* [THE TASK]
Give back exactly the lines that run from the beginning of the entries to the line containing "n) (MessageId.piece_block ∷", both included, and nothing else.

<<<<

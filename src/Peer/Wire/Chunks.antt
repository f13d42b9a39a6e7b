-- ===== src/Peer/Wire/Chunks.antt =====
-- sendPieceBlock and the PIECE_BLOCK case of handleMessage, src/torrent/peer.cpp.
use ytorrent.Base.{
  take_all, ℕ, ◌+◌, ◌-◌, ◌%◌, ◌^◌, ◌<◌, ◌≤◌, ◌≡◌, refl, ap, ap₂, ◌∙◌, List, [], ◌∷◌, ◌++◌, some,
  zero, suc, false, ltb, ◌||◌, ◌==◌, if-cases, tests, take, leb, length, arith, done,
}
use ytorrent.Utils.Transcoder.{write_as_be32}
use ytorrent.Net.Incoming.{IncomingMessage, incoming_message, cpy_buffer, get_size}
use ytorrent.Net.Outgoing.{add_custom, add_u8, add_u32}
use ytorrent.Peer.MessageId
use ytorrent.Client.{Client, Platform, max_block_request_size}
use ytorrent.Peer.Send.{piece_block_message}
use ytorrent.Peer.Blocks.{take_block, find_queued, on_piece_block}
use ytorrent.Peer.Dispatch.{handle_body, size_minus_one, handle_message}
use ytorrent.Peer.Wire.{
  word, receive, drop_two, message_of, second_cursor, extract_first, extract_second, receive-frame,
}

block_bytes_of :
    (index begin : ℕ) (block : List ℕ) (size : ℕ)
    → (piece_block_message index begin block size).data_buffer
      ≡ word ((9 + size) % 2 ^ 32)
        ++ (MessageId.piece_block ∷ (word index ++ (word begin ++ take size block)))
unfolding piece_block_message add_u32 add_u8 add_custom write_as_be32
block_bytes_of index begin block size = refl

take-after : (xs ys : List ℕ) (n m : ℕ) → m ≡ length xs + n → take m (xs ++ ys) ≡ xs ++ take n ys
take-after [] ys n m e = ap (λ k. take k ys) {x = m} {y = n} (omega arith)
take-after (x ∷ xs) ys n zero e = absurd (omega arith)
take-after (x ∷ xs) ys n (suc m) e = ap (λ t. x ∷ t) (take-after xs ys n m (omega arith))

take-block :
    (index begin n : ℕ) (block : List ℕ)
    → take (9 + n) (MessageId.piece_block ∷ (word index ++ (word begin ++ block)))
      ≡ MessageId.piece_block ∷ (word index ++ (word begin ++ take n block))
unfolding write_as_be32
take-block index begin n block =
    take-after (MessageId.piece_block ∷ (word index ++ word begin)) block n (9 + n) (omega arith)

block_size_mod : (n : ℕ) → n ≤ max_block_request_size → (9 + n) % 2 ^ 32 ≡ 9 + n
block_size_mod n h = omega arith

block_frame :
    (index begin : ℕ) (block : List ℕ)
    → length block ≤ max_block_request_size
    → (piece_block_message index begin block (length block)).data_buffer
      ≡ word (9 + length block) ++ (MessageId.piece_block ∷ (word index ++ (word begin ++ block)))
block_frame index begin block small =
    block_bytes_of index begin block (length block)
    ∙ ap₂ (λ n t. word n ++ (MessageId.piece_block ∷ (word index ++ (word begin ++ t))))
        (block_size_mod (length block) small) (take_all (length block) block refl)

block_body :
    (index begin : ℕ) (block : List ℕ)
    → take (9 + length block) (MessageId.piece_block ∷ (word index ++ (word begin ++ block)))
      ≡ MessageId.piece_block ∷ (word index ++ (word begin ++ block))
block_body index begin block =
    take-block index begin (length block) block
    ∙ ap (λ t. MessageId.piece_block ∷ (word index ++ (word begin ++ t)))
        (take_all (length block) block refl)

minus_one : (n : ℕ) → size_minus_one (9 + n) ≡ 8 + n
unfolding size_minus_one
minus_one n = ap size_minus_one {x = 9 + n} {y = suc (8 + n)} (omega arith)

minus_eight : (n : ℕ) → 8 + n - 8 ≡ n
minus_eight n = omega arith

block_in_range :
    (n : ℕ) → 0 < n → n ≤ max_block_request_size → (n == 0 || ltb max_block_request_size n) ≡ false
block_in_range n some_bytes small = ground arith

on_piece_block-words :
    (platform : Platform) (p : ℕ) (c : Client) (index begin : ℕ) (block : List ℕ)
    (hi : index < 2 ^ 32) (hb : begin < 2 ^ 32)
    → 0 < length block
    → length block ≤ max_block_request_size
    → on_piece_block platform p
        (incoming_message (word index ++ (word begin ++ block)) (8 + length block))
        c
      ≡ take_block platform p index begin
          (length block)
          (second_cursor index begin block (8 + length block) hi hb)
          (find_queued index (c.peers p).piece_queue)
          c
unfolding on_piece_block get_size message_of
on_piece_block-words platform p c index begin block hi hb some_bytes small =
    let result =
      take_block platform p index begin (length block)
        (second_cursor index begin block (8 + length block) hi hb)
        (find_queued index (c.peers p).piece_queue) c in
    if-cases (λ m. m ≡ result) (ltb (8 + length block) 9) (λ e. absurd (omega tests))
      (λ _.
        rw
          (
            extract_first index begin block (8 + length block) hi hb,
            extract_second index begin block (8 + length block) hi hb,
            minus_eight (length block),
          )
          (if-cases (λ m. m ≡ result)
            (length block == 0 || ltb max_block_request_size (length block))
            (λ e. absurd (cc (e, block_in_range (length block) some_bytes small))) (λ _. refl)))

cpy_buffer-second :
    (index begin : ℕ) (block : List ℕ) (hi : index < 2 ^ 32) (hb : begin < 2 ^ 32)
    → length block ≤ max_block_request_size
    → cpy_buffer (length block) (second_cursor index begin block (8 + length block) hi hb)
      ≡ done (some block)
unfolding cpy_buffer second_cursor message_of
cpy_buffer-second index begin block hi hb small =
    if-cases (λ m. m ≡ done (some block)) (ltb (8 + length block) ((8 + length block) % 2 ^ 64))
      (λ e. absurd (omega tests))
      (λ _. rw (drop_two index begin block) (
        if-cases (λ m. m ≡ done (some block)) (leb (length block) (length block))
          (λ _. ap (λ t. done (some t)) (take_all (length block) block refl))
          (λ e. absurd (ground arith))))

-- The bytes of sendPieceBlock for a block of 1 byte to 16 KiB that is there in full reach the handler
-- as that block: the piece of that index is looked up, and the block's bytes are what is copied out.
pub block_reaches_take_block :
    (platform : Platform) (p : ℕ) (c : Client) (index begin : ℕ) (block : List ℕ)
    → index < 2 ^ 32
    → begin < 2 ^ 32
    → 0 < length block
    → length block ≤ max_block_request_size
    → (in_msg : IncomingMessage) × (cpy_buffer (length block) in_msg ≡ done (some block))
      × (receive platform p (piece_block_message index begin block (length block)).data_buffer c
          ≡ take_block platform p index begin
              (length block)
              in_msg
              (find_queued index (c.peers p).piece_queue)
              c)
unfolding handle_body handle_message
block_reaches_take_block platform p c index begin block hi hb some_bytes small = (
  second_cursor index begin block (8 + length block) hi hb,
  cpy_buffer-second index begin block hi hb small,
  receive-frame platform p (9 + length block)
        (MessageId.piece_block ∷ (word index ++ (word begin ++ block))) c (omega arith)
        (block_frame index begin block small) (block_body index begin block)
      ∙ ap
          (λ n.
            on_piece_block platform p (incoming_message (word index ++ (word begin ++ block)) n) c)
          (minus_one (length block))
      ∙ on_piece_block-words platform p c index begin block hi hb some_bytes small,
)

>>>>

* [RESULT OF THE EXERCISE]
filename src/Peer/Wire/Chunks.antt
repository f13d42b9a39a6e7b
-- ===== src/Peer/Wire/Chunks.antt =====
-- sendPieceBlock and the PIECE_BLOCK case of handleMessage, src/torrent/peer.cpp.
use ytorrent.Base.{
  take_all, ℕ, ◌+◌, ◌-◌, ◌%◌, ◌^◌, ◌<◌, ◌≤◌, ◌≡◌, refl, ap, ap₂, ◌∙◌, List, [], ◌∷◌, ◌++◌, some,
  zero, suc, false, ltb, ◌||◌, ◌==◌, if-cases, tests, take, leb, length, arith, done,
}
use ytorrent.Utils.Transcoder.{write_as_be32}
use ytorrent.Net.Incoming.{IncomingMessage, incoming_message, cpy_buffer, get_size}
use ytorrent.Net.Outgoing.{add_custom, add_u8, add_u32}
use ytorrent.Peer.MessageId
use ytorrent.Client.{Client, Platform, max_block_request_size}
use ytorrent.Peer.Send.{piece_block_message}
use ytorrent.Peer.Blocks.{take_block, find_queued, on_piece_block}
use ytorrent.Peer.Dispatch.{handle_body, size_minus_one, handle_message}
use ytorrent.Peer.Wire.{
  word, receive, drop_two, message_of, second_cursor, extract_first, extract_second, receive-frame,
}

block_bytes_of :
    (index begin : ℕ) (block : List ℕ) (size : ℕ)
    → (piece_block_message index begin block size).data_buffer
      ≡ word ((9 + size) % 2 ^ 32)
        ++ (MessageId.piece_block ∷ (word index ++ (word begin ++ take size block)))
unfolding piece_block_message add_u32 add_u8 add_custom write_as_be32
block_bytes_of index begin block size = refl

take-after : (xs ys : List ℕ) (n m : ℕ) → m ≡ length xs + n → take m (xs ++ ys) ≡ xs ++ take n ys
take-after [] ys n m e = ap (λ k. take k ys) {x = m} {y = n} (omega arith)
take-after (x ∷ xs) ys n zero e = absurd (omega arith)
take-after (x ∷ xs) ys n (suc m) e = ap (λ t. x ∷ t) (take-after xs ys n m (omega arith))

take-block :
    (index begin n : ℕ) (block : List ℕ)
    → take (9 + n) (MessageId.piece_block ∷ (word index ++ (word begin ++ block)))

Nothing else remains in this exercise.